Doing and deciding guarantees mistakes. Success requires mistakes. Innovation involves mistakes. Mistakes are the price of progress. Mistakes help us learn, grow, and excel.

You never want employees afraid to admit mistakes. Even worse would be a culture which encourages them to hide them. If this persists, problems multiply and the organization could experience a real crisis completely avoidable had small mistakes been effectively addressed when they actually occurred.

Leaders – especially front-line supervisors – need to address mistakes when they occur. If not, they are repeated by the employee and replicated by others. The new policy is we do not follow the policy. Policies and procedures usually have solid rationales. Either ensure adherence or change the policy.
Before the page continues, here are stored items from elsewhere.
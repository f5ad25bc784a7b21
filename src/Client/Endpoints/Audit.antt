-- ===== src/Client/Endpoints/Audit.antt =====
-- web/src/lib/api.ts: the calls `api.audit`.
use tbd_dev.Prelude.{ℕ, String, Option, none, List, [], ◌⧺◌, or_else}
use tbd_dev.Types.Platform.{AuditLogListResponse}
use tbd_dev.Client.Calls.{Call, set_number, set_text}

pub record AuditParams : Type 0 where
  pub skip : Option ℕ
  pub limit : Option ℕ
  pub action : Option String
  pub target_type : Option String
  pub actor_user_id : Option String
  pub since : Option String

abbrev no_params : AuditParams
no_params = record {
  skip = none;
  limit = none;
  action = none;
  target_type = none;
  actor_user_id = none;
  since = none;
}

-- The entries of the query string.
unfoldable pub list_query : (ℕ → String) → Option AuditParams → List (String × String)
unfolding set_number set_text
list_query print given =
    let p = or_else given no_params in
    let with_skip = set_number print "skip" p.skip [] in
    let with_limit = set_number print "limit" p.limit with_skip in
    let with_action = set_text "action" p.action with_limit in
    let with_target_type = set_text "target_type" p.target_type with_action in
    let with_actor_user_id = set_text "actor_user_id" p.actor_user_id with_target_type in
    set_text "since" p.since with_actor_user_id

unfoldable pub list :
    (ℕ → String)
    → (List (String × String) → String)
    → Option AuditParams
    → Call (Unit {0}) AuditLogListResponse
unfolding list_query
list print to_query given = record {
  method = none;
  path = "/audits?" ⧺ to_query (list_query print given);
  body = none;
}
When you speak with the member of the team, start positive. Secondly, learn why they did what they did. There may be a good explanation like direction from a prior supervisor who did not follow policy. Confirm causes to select solutions. Thirdly, identify what resources or remedies are needed to ensure policy compliance and employee success. Fourthly, ask what you need to do as a leader to help them achieve the right performance. Fifthly, go over why the mistake occurred, what the employee is expected to now do differently, and ensure a clear and mutual understanding. Lastly, provide any needed tools or resources the employee needs to attain strong performance and make sure you as a supervisor or manager follow-up to confirm their positive progress. Please end the conversation on an encouraging note.

Supervisors and managers make two major mistakes. They either ignore the problem or they come down too hard on a good employee. Both undermine performance. Allowing the same employee to not follow policies and procedures or adhere to the culture also hurts teamwork and morale. Our successes and failures as leaders are never invisible to others.

Your team must feel safe to admit and make mistakes. Leaders should be the example. Let your team be free to fail, fail up, and fail forward.